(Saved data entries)
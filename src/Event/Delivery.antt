-- ===== src/Event/Delivery.antt =====
-- src/runtime/vm_event.c: an outcome that passes through a task settles its promise after finitely many runs
-- of the loop, whatever the tasks before it do, unless one of them fails.
use cscript.Prelude.{
  ℕ, zero, suc, ◌+◌, ◌<◌, ◌≡◌, refl, sym, ap, ◌∙◌, arith, false, List, [], ◌∷◌, ◌++◌, length, some,
  inl, inr, append-append,
}
use cscript.Value.{undefined}
use cscript.Event.{Microtask, World, Machine, promise, is_pending, plain_task}
use cscript.Event.Acts.{Lawful}
use cscript.Event.Runs.{ran, broke, run_microtask, world_after, pass_by}
use cscript.Event.Running.{run_microtask-Onward}
use cscript.Event.Drain.{drain_from, drain, drain_from-run, drain_from-broke, Ran-cases}
use cscript.Event.Passing.{Passes, run_by-passes, settle_result-settled}

-- After some number of runs, whatever the fuel that is left for the others, `p` is settled, or a run has
-- failed.
pub data Delivers (m : Machine) (p : ℕ) (w : World) : Type 0 where
  settles :
      (runs : ℕ) (out : World)
      → ((fuel : ℕ) → drain m (runs + fuel) w ≡ drain m fuel out)
      → is_pending (promise out p).state ≡ false
      → Delivers m p w
  fails :
      (runs : ℕ) (out : World)
      → ((fuel : ℕ) → drain m (runs + fuel) w ≡ some (broke out))
      → Delivers m p w

-- One more run before.
after_run :
    (m : Machine) (p : ℕ) (t : Microtask) (ts : List Microtask) (w out : World)
    → w.queue ≡ t ∷ ts
    → run_microtask m t (record w { queue = ts }) ≡ ran out
    → Delivers m p out
    → Delivers m p w
after_run m p t ts w out q e d =
    let first : (fuel : ℕ) → drain m (suc fuel) w ≡ drain m fuel out =
      λ fuel. ap (λ us. drain_from m (suc fuel) us w) q ∙ drain_from-run m fuel t ts w out e in
    elim d [
      | settles runs end same settled ↦
          settles (suc runs) end
            (λ fuel. ap (λ n. drain m n w) (omega arith) ∙ (first (runs + fuel) ∙ same fuel))
            settled
      | fails runs end same ↦
          fails (suc runs) end
            (λ fuel. ap (λ n. drain m n w) (omega arith) ∙ (first (runs + fuel) ∙ same fuel))
    ]

-- The task stands at the head of the queue.
abbrev AtHead : Machine → ℕ → Microtask → Type 0
AtHead m p t =
    (post : List Microtask) (w : World)
    → p < length w.promises
    → w.queue ≡ t ∷ post
    → Delivers m p w

-- The tasks before it run first, and what they queue comes behind it.
place-Delivers :
    (m : Machine) (p : ℕ) (t : Microtask)
    → Lawful m
    → AtHead m p t
    → (pre post : List Microtask) (w : World) → p < length w.promises
    → w.queue ≡ pre ++ t ∷ post
    → Delivers m p w
place-Delivers m p t h here [] post w l q = here post w l q
place-Delivers m p t h here (u ∷ pre) post w l q =
    let rest : World = record w { queue = pre ++ t ∷ post } in
    let g = run_microtask-Onward m u rest h in
    elim (Ran-cases (run_microtask m u rest)) [
      | inl (out, e) ↦ after_run m p u (pre ++ t ∷ post) w out q e (
          place-Delivers m p t h here pre (post ++ g.more) out
            (omega (arith, l, g.size, ap (λ r. length (world_after r).promises) e))
            (sym (ap (λ r. (world_after r).queue) e)
              ∙ (g.later ∙ append-append pre (t ∷ post) g.more)))
      | inr (out, e) ↦ fails 1 out (λ fuel.
          ap (λ n. drain m n w) (omega arith)
          ∙ (ap (λ us. drain_from m (suc fuel) us w) q
              ∙ drain_from-broke m fuel u (pre ++ t ∷ post) w out e))
    ]

-- The task at the head settles its promise, or waits for one turn fewer at the end of the queue.
head-Delivers :
    (m : Machine) (p turns : ℕ) (t : Microtask)
    → Lawful m
    → Passes m p t
    → t.extra_hops ≡ turns
    → AtHead m p t
unfolding run_microtask
head-Delivers m p zero t h g e post w l q =
    let rest : World = record w { queue = post } in
    let run = run_by-passes m t t.fiber t.combine_state rest g.no_fiber g.no_combine g.no_handler in
    let out = pass_by m zero t rest in
    after_run m p t post w out q (run ∙ ap (λ n. ran (pass_by m n t rest)) e) (
      settles 0 out (λ fuel. ap (λ n. drain m n out) (omega arith))
        (rw g.to (settle_result-settled m p t.is_rejection t.argument rest l g.flat)))
head-Delivers m p (suc turns) t h g e post w l q =
    let rest : World = record w { queue = post } in
    let run = run_by-passes m t t.fiber t.combine_state rest g.no_fiber g.no_combine g.no_handler in
    let later : Microtask = record (plain_task undefined t.argument t.result t.is_rejection) {
      extra_hops = turns;
    } in
    let passes : Passes m p later = record {
      no_fiber = refl;
      no_combine = refl;
      no_handler = refl;
      to = g.to;
      flat = g.flat;
    } in
    let out = pass_by m (suc turns) t rest in
    after_run m p t post w out q (run ∙ ap (λ n. ran (pass_by m n t rest)) e)
      (place-Delivers m p later h (head-Delivers m p turns later h passes refl) post [] out l refl)

-- If program code acts on promises by the native functions and by awaiting alone, and a task of the queue
-- without a fiber, a combinator or a handler passes an outcome that is not a promise to `p`, then there is a number of runs of the loop of `drainMicrotasks` after which `p` is settled,
-- or else one of these runs fails.
pub drain-Delivers :
    (m : Machine) (p : ℕ) (t : Microtask) (pre post : List Microtask) (w : World)
    → Lawful m
    → p < length w.promises
    → Passes m p t
    → w.queue ≡ pre ++ t ∷ post
    → Delivers m p w
drain-Delivers m p t pre post w h l g q =
    place-Delivers m p t h (head-Delivers m p t.extra_hops t h g refl) pre post w l q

== Assignment ==
Among the entries above, count every line containing the string "later". Your reply must be that number alone.

== Exercise result ==
4